If it were me, I would go in expecting that it is not a C02 emissions question.

You'll learn a lot more from this by trying it out yourself first! Why don't you post your approach here and we can provide commentary?

(Hint: Probably don't do industries as you would be completely guessing…rather, maybe try population)

How to approach market sizing

It's very simple: Do the approach the is the easiest for you given the question.

Are they asking you to estimate something where you don't even know where to begin from the top (maybe you have 0 clue as to the market size of the industry, the GDP of that country, etc. etc.)? Then do bottom-up!

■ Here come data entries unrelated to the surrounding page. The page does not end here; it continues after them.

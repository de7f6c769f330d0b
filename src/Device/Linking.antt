-- ===== src/Device/Linking.antt =====
-- viewer/device.go: a pairing from its code to its token.
use phimtor.Base.{
  ℕ, ◌+◌, ◌<◌, Bool, true, false, Option, none, some, List, [], ◌∷◌, length, ◌==◌, ◌≡◌, ◌≢◌, refl,
  ap, ◌∙◌, arith, Bool-cases, inl, inr,
}
use phimtor.Base.Bytes.{Bytes}
use phimtor.Session.{Signer, mint_device_token}
use phimtor.Device.{
  Device, Devices, Status, Letters, user_code_len, normalize_user_code, is_taken, new_pairing,
  create_device_pairing, can_approve, approve_row, approve_rows, affected, approve_device_pairing,
}
use phimtor.Device.Handlers.{
  TokenAnswer, ApproveAnswer, handle_device_approve, handle_device_token, token_answer,
  status_answer, approved_answer, account_answer,
}
use phimtor.Device.Pairing.{IsSame}

module _ (same : Bytes → Bytes → Bool) where
  new_row-approved :
      (id now now' : ℕ) (device_code code name : Bytes) (ttl user : ℕ)
      → IsSame same
      → now' < now + ttl
      → can_approve same now' code (new_pairing id now device_code code name ttl) ≡ true
  unfolding can_approve
  new_row-approved id now now' device_code code name ttl user s h = ground (arith, s.reflexive code)

  created_rows :
      (now : ℕ) (device_code code name : Bytes) (ttl id : ℕ) (t : Devices)
      → (create_device_pairing same now device_code code name ttl t).0 ≡ some id
      → (create_device_pairing same now device_code code name ttl t).1.rows
        ≡ new_pairing id now device_code code name ttl ∷ t.rows
  unfolding create_device_pairing
  created_rows now device_code code name ttl id t h =
      elim (Bool-cases (is_taken same device_code code t.rows)) [
        | inl e ↦ absurd (ground arith)
        | inr e ↦ rw e (ap (λ i. new_pairing i now device_code code name ttl ∷ t.rows) (same_id e))
      ]
    where
      same_id : is_taken same device_code code t.rows ≡ false → t.next_id ≡ id
      same_id e = ground arith

  handle_device_approve-head :
      (u : Letters) (now user : ℕ) (typed code : Bytes) (n : ℕ) (d : Device) (ds : List Device)
      → normalize_user_code u typed ≡ code
      → length code ≡ user_code_len
      → can_approve same now code d ≡ true
      → handle_device_approve same u true true now user
          (some typed)
          (record { next_id = n; rows = d ∷ ds })
        ≡ (
          ApproveAnswer.linked,
          record {
            next_id = n;
            rows = approve_row same now code user d ∷ approve_rows same now code user ds;
          },
        )
  unfolding handle_device_approve approve_device_pairing affected approve_rows
  handle_device_approve-head u now user typed code n d ds e l c =
      rw e (rw (same_length (length code) l) (rw c (ground arith)))
    where
      same_length : (k : ℕ) → k ≡ user_code_len → (k == user_code_len) ≡ true
      same_length k q = ground arith

  -- The row after its approval.
  abbrev linked_row : ℕ → ℕ → ℕ → Bytes → Bytes → ℕ → ℕ → Device
  linked_row id now now' device_code name ttl user = record {
    id = id;
    device_code = device_code;
    user_code = none;
    device_name = name;
    user_id = some user;
    status = Status.approved;
    expires_at = now + ttl;
    approved_at = some now';
    last_seen_at = none;
  }

  approve_row-linked :
      (id now now' : ℕ) (device_code code name : Bytes) (ttl user : ℕ)
      → can_approve same now' code (new_pairing id now device_code code name ttl) ≡ true
      → approve_row same now' code user (new_pairing id now device_code code name ttl)
        ≡ linked_row id now now' device_code name ttl user
  unfolding approve_row
  approve_row-linked id now now' device_code code name ttl user c = rw c refl

  handle_device_token-head :
      (s : Signer) (key : Bytes) (clock : ℕ) (user_by_id : ℕ → Option ℕ) (id now now' now'' : ℕ)
      (device_code code name : Bytes) (ttl user n : ℕ) (ds : List Device)
      → IsSame same
      → device_code ≢ []
      → can_approve same now' code (new_pairing id now device_code code name ttl) ≡ true
      → user_by_id user ≡ some user
      → (handle_device_token same s key clock user_by_id true now'' (some device_code) (record {
        next_id = n;
        rows = approve_row same now' code user (new_pairing id now device_code code name ttl) ∷ ds;
      })).0
        ≡ TokenAnswer.access_token (mint_device_token s key clock user id)
  unfolding handle_device_token
  handle_device_token-head s key clock user_by_id id now now' now'' [] code name ttl user n ds e d c
        a =
      absurd (d refl)
  handle_device_token-head s key clock user_by_id id now now' now'' (x ∷ xs) code name ttl user n ds
        e d c a =
      rw (approve_row-linked id now now' (x ∷ xs) code name ttl user c) (
        rw (e.reflexive (x ∷ xs))
          (unfold token_answer status_answer approved_answer account_answer in rw a refl))

  -- The code of a fresh pairing, as a person may type it, links the pairing to the account that sends
  -- it in time, and then the television's poll is answered with a token for that account and row.
  pub handle_device_token-handle_device_approve :
      (s : Signer) (key : Bytes) (clock : ℕ) (user_by_id : ℕ → Option ℕ) (u : Letters)
      (typed : Bytes) (now now' now'' : ℕ) (device_code code name : Bytes) (ttl id user : ℕ)
      (t : Devices)
      → IsSame same
      → (create_device_pairing same now device_code code name ttl t).0 ≡ some id
      → device_code ≢ []
      → normalize_user_code u typed ≡ code
      → length code ≡ user_code_len
      → now' < now + ttl
      → user_by_id user ≡ some user
      → let t' = (create_device_pairing same now device_code code name ttl t).1 in
        let answer = handle_device_approve same u true true now' user (some typed) t' in
        (answer.0 ≡ ApproveAnswer.linked)
        × ((handle_device_token same s key clock user_by_id true now''
              (some device_code)
              answer.1).0
            ≡ TokenAnswer.access_token (mint_device_token s key clock user id))
  unfolding handle_device_approve
  handle_device_token-handle_device_approve s key clock user_by_id u typed now now' now''
        device_code code name ttl id user t e c d n l h a =
      (
        ap (λ v. v.0) approved_head,
        ap
              (λ v.
                (handle_device_token same s key clock user_by_id true now'' (some device_code)
                  v.1).0)
              approved_head
            ∙ handle_device_token-head s key clock user_by_id id now now' now'' device_code code
                name ttl user _ _ e d
                (new_row-approved id now now' device_code code name ttl user e h) a,
      )
    where
      approved_head :
          handle_device_approve same u true true now' user
            (some typed)
            (create_device_pairing same now device_code code name ttl t).1
          ≡ (
            ApproveAnswer.linked,
            record {
              next_id = (create_device_pairing same now device_code code name ttl t).1.next_id;
              rows =
                  approve_row same now' code user (new_pairing id now device_code code name ttl)
                  ∷ approve_rows same now' code user t.rows;
            },
          )
      approved_head =
          ap
            (λ rows. handle_device_approve same u true true now' user (some typed) (record {
              next_id = (create_device_pairing same now device_code code name ttl t).1.next_id;
              rows = rows;
            }))
            (created_rows now device_code code name ttl id t c)
          ∙ handle_device_approve-head u now' user typed code _
              (new_pairing id now device_code code name ttl) t.rows n l
              (new_row-approved id now now' device_code code name ttl user e h)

Alternatively, does it seem impossible to do a realistic from-the-ground-up estimation of something (perhaps it requires just far too many steps and assumptions)? Then do top-down!

Fundamentally, you need to take the approach that just makes the most sense in that circumstance. Quickly think about the key assumptions / numbers required and whether you 1) Know them or 2) Can reasonably estimate them. If you can, go ahead!

An Example

He's a Q&A for a great market sizing question here asking to estimate # of electric charging stations in a city in 10 years:

https://www.preplounge.com/en/consulting-forum/how-would-you-solve-this-market-sizing-question-from-roland-berger-7631

This one could be answered top-down (as I did) by estimating population of the city, # of drivers/ cars, etc. etc.

OR, it could be answered bottom-up by estimating # of stations you see per block (or # of gas/petrol tanks), % increase this might be over time (or # of EV stations that would be needed per gas tank given EV stations take 10 times as long), and # of blocks you'd estimate the city to have.

Take a look here for additional practice! https://www.preplounge.com/en/management-consulting-cases/brain-teaser/intermediate/taxis-in-manhattan-market-sizing-229

am 14. Aug. 2023
Ex-BCG Principal | 8+ years consulting experience in SEA | BCG top interviewer & top performer

Hi,

I second what Cristian has mentioned. I was an interviewer for 5 years at BCG, and I've seen instances where candidates have definitely been exposed to a ‘leaked’ version of my case. But none of them ended up passing the interview. 

Even if you prepare well for the answer, take note that the interviewer has full control over the questions and direction of the case. 

  • E.g. lets imagine that there are multiple drivers of CO2 emissions, it may be that you prepare for the driver causing 80% of the emissions, but the interviewer decides to ask you to size the smaller drivers which you didn't prepare for
  • E.g. lets imagine that maybe you only prepared for sizing the market one way, and then he challenges your thinking and wants you to think about how to size it from the other way
  • E.g. maybe he doesn't even ask you this sizing question

So the moral here is don't try and anticipate - it really is often counterproductive.

A
am 14. Aug. 2023

Hi, 

one approach could be to look at the BIP of Germany of a given year (for example 2020). For that year you look at the total CO2 Emissions. Then you calculate the how much CO2 was produced per one unit of BIP. Then you can take a look at projected economic growth till the given year, or for 2022 just the reported BIP and multiply your Emissionintensity with that BIP. You could also break this down for different sectors and add everything up at the end. After that you should maybe consider trends like increasing importance of a net zero economy and adjust for that trends.